Reproduce only the stretch of entries below that begins at the first line and ends at the line holding "-- - Utils: AetherWebOS/src/common/utils.c.".

[[ Records to process open ]]

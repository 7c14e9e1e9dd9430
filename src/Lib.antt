-- ===== src/Lib.antt =====
-- Aether WebOS: a bare-metal AArch64 kernel with a heap, paging, VirtIO networking and a TCP stack that
-- serves one page.
--
-- The parts, and where they are:
-- - Utils: AetherWebOS/src/common/utils.c. Utils/Text has the strings (`str_len`, `str_append`,
--   `str_contains`), Utils/Decimal the conversions (`utoa_dec`, `ltoa`, and `uart_put_int` of
--   AetherWebOS/src/drivers/uart.c), Utils/Format `ksnprintf`, Utils/ByteOrder `htons` and its kin. A
--   string is the list of its bytes with the NUL; a read past the end is `none`.
-- - Memory: Memory/Heap has `kmalloc` and `kfree` of AetherWebOS/src/kernel/memory.c, with the blocks
--   newest first as they stand on `free_list` and the stores of `kfree` that meet no block, and Memory/Heap/Calls any sequence of calls;
--   Memory/Paging has `vmalloc`, `ioremap` and
--   `mmu_map_region` of AetherWebOS/arch/aarch64/mmu.c, Memory/Paging/Tables `mmu_init` with the
--   processor's walk through its tables, and Memory/Paging/Cache `clean_cache_range`.
-- - Net: Net/Checksum has the checksums of tcp_checksum.c and ipv4.c in AetherWebOS/src/drivers/ethernet,
--   Net/Virtqueue AetherWebOS/src/drivers/virtio/virtio_ring.c, Net/Setup the receive queue's set-up,
--   Net/Stack the state of the stack and
--   the way out (`ethernet_send`, `ipv4_send`), Net/Tcp the connections and socket.c, Net/Tcp/Input
--   tcp_input.c, with the state machine of one connection in Net/Tcp/Input/Machine, Net/Arp arp.c, Net/Ipv4 `ipv4_handle`, and Net/Receive the way in
--   (`virtio_net_poll`, `ethernet_handle_packet`), `net_tx_reaper`, health.c (its text is in
--   Net/Telemetry) and the network part of
--   the kernel's loop.
-- - Net/Virtqueue/Traffic puts a device at the other end of a queue: a step of the system is a step of the
--   driver's functions or of the device, in any order, and the queue's memory represents a pipe of
--   descriptors (Traffic/Pipe). The driver posts there only while a descriptor is free.
-- - Bus: devices behind addresses. Bus/Pcie is AetherWebOS/src/drivers/pcie.c, Bus/VirtioPci and
--   Bus/VirtioStart are AetherWebOS/src/drivers/virtio/virtio_pci.c, Bus/VirtioNet the initialisation in
--   virtio_net.c, with the rules of the specification that its handshake is held against in
--   Bus/VirtioNet/Protocol, and Bus/Xhci AetherWebOS/src/drivers/usb/xhci.c. The search of pcie.c is over any drivers, and Bus/Drivers puts
--   those of its registry in.
-- - Interrupts: Interrupts/Timer is AetherWebOS/src/drivers/timer.c with `handle_irq_exception` of
--   AetherWebOS/src/kernel/exception.c, Interrupts/Gic AetherWebOS/src/kernel/gic.c.
-- - Console: what is sent to the UART: Console/Uart has the output functions of
--   AetherWebOS/src/drivers/uart.c, Console/Pl011 its registers, Console/Panic the screen of
--   AetherWebOS/src/kernel/exception.c, Console/Ipv6 the
--   printer of AetherWebOS/src/drivers/ethernet/ipv6.c, and Console/Portal
--   AetherWebOS/src/kernel/portal.c, with the screen's part of the loop in kernel.c.
-- - Earlier: the earlier TCP stack under AetherWebOS/backups, which the build leaves out: Earlier/Table is
--   src/tcp_state.c, Earlier/Checksum src/tcp_chk.c, and Earlier/Tcp src/tcp.c and src/socket.c, with the
--   record `Stack` as their state.
-- - Kernel: Kernel/Keys has the input handling of AetherWebOS/src/kernel/kernel.c, Kernel/Power
--   `kernel_shutdown` and AetherWebOS/src/drivers/psci.c.
-- - Tests: the theorems at concrete inputs.
--
-- State is passed explicitly: the record `Net` holds the heap, the queues, the ARP cache, the list of
-- connections and the counters, and each function takes it last and returns it. A pointer to a
-- connection is its address; a NULL is `none`. Words of 16, 32 and 64 bits are natural numbers with
-- their wrap-around written out. An array that the device shares is a function from the index.
-- A device behind registers, and a board with its memory and its system registers, is a function from
-- the accesses so far to what a read gives; the accesses are recorded, so that a theorem can speak of all
-- that a function wrote, whatever the device answers.
--
-- Bounds: a fold of a 32-bit sum ends within 3 rounds, 20 decimal digits hold 64 bits, the loop of
-- `mmu_map_region` makes one round for each page, and `net_tx_reaper` makes one round for each used
-- entry, of which there are fewer than 2^16, after the rounds in which the device still writes entries.
-- The walk over a capability list, the search for a redistributor, and the waits for a device are on
-- fuel, since a device can keep them going for ever; the theorems say when they end, or what holds when
-- they do. The timeouts of xhci.c are its own. The theorems on these functions rest on these bounds
-- being enough.
--
-- The set-up of the queues acts on a record of the device's queue registers and is not among the
-- recorded accesses; what it overwrites for a queue larger than its memory is not described.
--
-- Not modelled: UART output where a function also changes state, barriers and the invalidation of the
-- TLB, the start-up in assembly and the sequence of calls that begins `kernel_main`, and the branches for
-- BOARD_RPI4.
-- `tcp_global_isn`, which the tree declares without a definition, is a field of the state.
pub mod Prelude
pub mod Utils
pub mod Bus
pub mod Console
pub mod Earlier
pub mod Interrupts
pub mod Memory
pub mod Net
pub mod Kernel
pub mod Tests
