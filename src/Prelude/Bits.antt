-- ===== src/Prelude/Bits.antt =====
-- `&` with a mask of adjacent ones and `|` of disjoint fields, as division and multiplication.
use Prim.Native.Nat.{ℕ, zero, suc, ◌+◌, ◌-◌, ◌*◌, ◌/◌, ◌%◌, ◌^◌, ◌≤◌, ◌<◌, min, max}
use Prim.Native.Nat.{bit_and, bit_or, digits, bitwise, bit_and-bitwise, bit_or-bitwise}
use mathlib.Core.Path.{◌≡◌, refl, sym, ap, ◌∙◌}
use native.Mathlib.Nat.{
  pow-suc, pow-succ', one-le-pow, le_refl, mul-add-mod_self_left, mod-eq_of_lt,
}
use native.Mathlib.Nat.{mod-lt, div-add-mod, div-div-eq-div-mul}
use native.Mathlib.Omega.{arith}

-- The operations are recursions on binary digits with a count of digits to go. A larger count
-- gives the same number, so the lowest digit can be split off.
module _ (ends : ℕ → ℕ) (digit : ℕ → ℕ → ℕ) where
  digits-count : (n m a b : ℕ) → a ≤ n → a ≤ m → digits ends digit n a b ≡ digits ends digit m a b
  digits-count zero zero a b p q = refl
  digits-count zero (suc m) zero b p q = refl
  digits-count zero (suc m) (suc a) b p q = absurd (omega arith)
  digits-count (suc n) zero zero b p q = refl
  digits-count (suc n) zero (suc a) b p q = absurd (omega arith)
  digits-count (suc n) (suc m) zero b p q = refl
  digits-count (suc n) (suc m) (suc a) b p q =
      ap (λ (t : ℕ). t * 2 + digit (suc a % 2) (b % 2))
        (digits-count n m (suc a / 2) (b / 2) (omega arith) (omega arith))

  lowest_digit :
      (a b : ℕ)
      → bitwise ends digit (suc a) b
        ≡ bitwise ends digit (suc a / 2) (b / 2) * 2 + digit (suc a % 2) (b % 2)
  lowest_digit a b =
      ap (λ (t : ℕ). t * 2 + digit (suc a % 2) (b % 2))
        (digits-count a (suc a / 2) (suc a / 2) (b / 2) (omega arith) (le_refl _))

or_digit : (a b : ℕ) → bit_or a b ≡ bit_or (a / 2) (b / 2) * 2 + max (a % 2) (b % 2)
or_digit zero b = simp bit_or-bitwise (omega arith)
or_digit (suc a) b = simp bit_or-bitwise (lowest_digit (λ y. y) max a b)

pub and_digit : (a b : ℕ) → bit_and a b ≡ bit_and (a / 2) (b / 2) * 2 + min (a % 2) (b % 2)
and_digit zero b = simp bit_and-bitwise (omega arith)
and_digit (suc a) b = simp bit_and-bitwise (lowest_digit (λ y. 0) min a b)

or-zero_upto : (n a : ℕ) → a ≤ n → bit_or a 0 ≡ a
or-zero_upto zero zero h = refl
or-zero_upto zero (suc a) h = absurd (omega arith)
or-zero_upto (suc n) zero h = refl
or-zero_upto (suc n) (suc a) h =
    omega (arith, or_digit (suc a) 0, or-zero_upto n (suc a / 2) (omega arith))

and-zero_upto : (n a : ℕ) → a ≤ n → bit_and a 0 ≡ 0
and-zero_upto zero zero h = refl
and-zero_upto zero (suc a) h = absurd (omega arith)
and-zero_upto (suc n) zero h = refl
and-zero_upto (suc n) (suc a) h =
    omega (arith, and_digit (suc a) 0, and-zero_upto n (suc a / 2) (omega arith))

pub bit_or-zero : (a : ℕ) → bit_or a 0 ≡ a
bit_or-zero a = or-zero_upto a a (le_refl _)

pub bit_and-zero : (a : ℕ) → bit_and a 0 ≡ 0
bit_and-zero a = and-zero_upto a a (le_refl _)

pub zero-bit_or : (a : ℕ) → bit_or 0 a ≡ a
zero-bit_or a = bit_or-bitwise 0 a

scale : (q k : ℕ) → q * 2 ^ suc k ≡ 2 * (q * 2 ^ k)
scale q k = omega (arith, ap (λ (t : ℕ). q * t) (pow-suc 2 k))

-- `q << k | r` is a sum when `r` fits `k` bits.
pub bit_or_disjoint : (k q r : ℕ) → r < 2 ^ k → bit_or (q * 2 ^ k) r ≡ q * 2 ^ k + r
bit_or_disjoint zero q r fits = ground (arith, bit_or-zero q)
bit_or_disjoint (suc k) q r fits = ground (
  arith,
  or_digit (q * 2 ^ suc k) r,
  scale q k,
  bit_or_disjoint k q (r / 2) (omega (arith, pow-suc 2 k)),
)

-- Halving under a doubled modulus.
mod-double : (m a : ℕ) → 0 < m → a % (2 * m) ≡ a / 2 % m * 2 + a % 2
mod-double m a pos =
    ap (λ (t : ℕ). t % (2 * m)) split
    ∙ mul-add-mod_self_left (2 * m) (a / 2 / m) (a / 2 % m * 2 + a % 2)
    ∙ mod-eq_of_lt (omega (arith, mod-lt (a / 2) pos))
  where
    split : a ≡ 2 * m * (a / 2 / m) + (a / 2 % m * 2 + a % 2)
    split = omega (arith, div-add-mod (a / 2) m)

-- A mask of `k` low bits is the remainder by `2 ^ k`.
pub bit_and_low : (k a : ℕ) → bit_and a (2 ^ k - 1) ≡ a % 2 ^ k
bit_and_low zero a = rw bit_and-zero (omega arith)
bit_and_low (suc k) a = ground (
  arith,
  and_digit a (2 ^ suc k - 1),
  pow-succ' 2 k,
  one-le-pow k 2,
  mod-double (2 ^ k) a,
  bit_and_low k (a / 2),
)

-- A mask with `k` zeros below it leaves the low `k` bits out.
pub bit_and_high : (k m a : ℕ) → bit_and a (m * 2 ^ k) ≡ bit_and (a / 2 ^ k) m * 2 ^ k
bit_and_high zero m a = ground arith
bit_and_high (suc k) m a = omega (
  arith,
  and_digit a (m * 2 ^ suc k),
  scale m k,
  scale (bit_and (a / 2 ^ suc k) m) k,
  bit_and_high k m (a / 2),
  ap (λ (t : ℕ). bit_and (a / 2) t) halved,
  ap (λ (t : ℕ). bit_and t m * 2 ^ k) (div-div-eq-div-mul a 2 (2 ^ k)),
  ap (λ (t : ℕ). bit_and (a / t) m * 2 ^ k) (pow-succ' 2 k),
)
  where
    halved : m * 2 ^ suc k / 2 ≡ m * 2 ^ k
    halved = omega (arith, scale m k)

-- A field of `w` bits from bit `k` on, left where it stands.
pub bit_and_field : (k w a : ℕ) → bit_and a ((2 ^ w - 1) * 2 ^ k) ≡ a / 2 ^ k % 2 ^ w * 2 ^ k
bit_and_field k w a =
    bit_and_high k (2 ^ w - 1) a ∙ ap (λ (t : ℕ). t * 2 ^ k) (bit_and_low w (a / 2 ^ k))

-- `|` adds a low part to a multiple of `2 ^ k`.
pub bit_or_sum : (k q p r : ℕ) → p ≡ q * 2 ^ k → r < 2 ^ k → bit_or p r ≡ p + r
bit_or_sum k q p r e h =
    ap (λ (t : ℕ). bit_or t r) e ∙ bit_or_disjoint k q r h ∙ ap (λ (t : ℕ). t + r) (sym e)

-- `|` of four adjacent bytes.
pub bit_or_bytes :
    (a b c d : ℕ)
    → b < 256
    → c < 256
    → d < 256
    → bit_or (bit_or (bit_or (a * 16777216) (b * 65536)) (c * 256)) d
      ≡ a * 16777216 + b * 65536 + c * 256 + d
bit_or_bytes a b c d hb hc hd =
    rw
      (
        bit_or_sum 24 a (a * 16777216) (b * 65536) refl (omega arith),
        bit_or_sum 16 (a * 256 + b) (a * 16777216 + b * 65536) (c * 256) (omega arith)
            (omega arith),
      )
      (bit_or_sum 8 (a * 65536 + b * 256 + c) (a * 16777216 + b * 65536 + c * 256) d (omega arith)
        (omega arith))

-- `|` with a low part works on the low bits alone.
pub bit_or_low :
    (k q a b : ℕ) → a < 2 ^ k → b < 2 ^ k → bit_or (q * 2 ^ k + a) b ≡ q * 2 ^ k + bit_or a b
bit_or_low zero q a b ha hb = ground (arith, bit_or-zero q, bit_or-zero 0)
bit_or_low (suc k) q a b ha hb = ground (
  arith,
  or_digit (q * 2 ^ suc k + a) b,
  or_digit a b,
  scale q k,
  pow-suc 2 k,
  bit_or_low k q (a / 2) (b / 2),
)

-- Bit `k` of a number.
abbrev pub bit_at : ℕ → ℕ → ℕ
bit_at k a = a / 2 ^ k % 2

bit_at-half : (k a : ℕ) → bit_at (suc k) a ≡ bit_at k (a / 2)
bit_at-half k a =
    ap (λ (t : ℕ). a / t % 2) (pow-succ' 2 k)
    ∙ ap (λ (t : ℕ). t % 2) (sym (div-div-eq-div-mul a 2 (2 ^ k)))

-- A set bit stays set, and a bit that is masked out is clear.
pub bit_at-or : (k a m : ℕ) → bit_at k m ≡ 1 → bit_at k (bit_or a m) ≡ 1
bit_at-or zero a m h = omega (arith, or_digit a m)
bit_at-or (suc k) a m h =
    let halved : bit_or a m / 2 ≡ bit_or (a / 2) (m / 2) = omega (arith, or_digit a m) in
    bit_at-half k (bit_or a m)
    ∙ ap (λ (t : ℕ). bit_at k t) halved
    ∙ bit_at-or k (a / 2) (m / 2) (sym (bit_at-half k m) ∙ h)

pub bit_at-and : (k a m : ℕ) → bit_at k m ≡ 0 → bit_at k (bit_and a m) ≡ 0
bit_at-and zero a m h = omega (arith, and_digit a m)
bit_at-and (suc k) a m h =
    let halved : bit_and a m / 2 ≡ bit_and (a / 2) (m / 2) = omega (arith, and_digit a m) in
    bit_at-half k (bit_and a m)
    ∙ ap (λ (t : ℕ). bit_at k t) halved
    ∙ bit_at-and k (a / 2) (m / 2) (sym (bit_at-half k m) ∙ h)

[[ Records to process closed ]]

**Task result**
repository 7c14e9e1e9dd9430
filename src/Lib.antt
-- ===== src/Lib.antt =====
-- Aether WebOS: a bare-metal AArch64 kernel with a heap, paging, VirtIO networking and a TCP stack that
-- serves one page.
--
-- The parts, and where they are:
-- - Utils: AetherWebOS/src/common/utils.c. Utils/Text has the strings (`str_len`, `str_append`,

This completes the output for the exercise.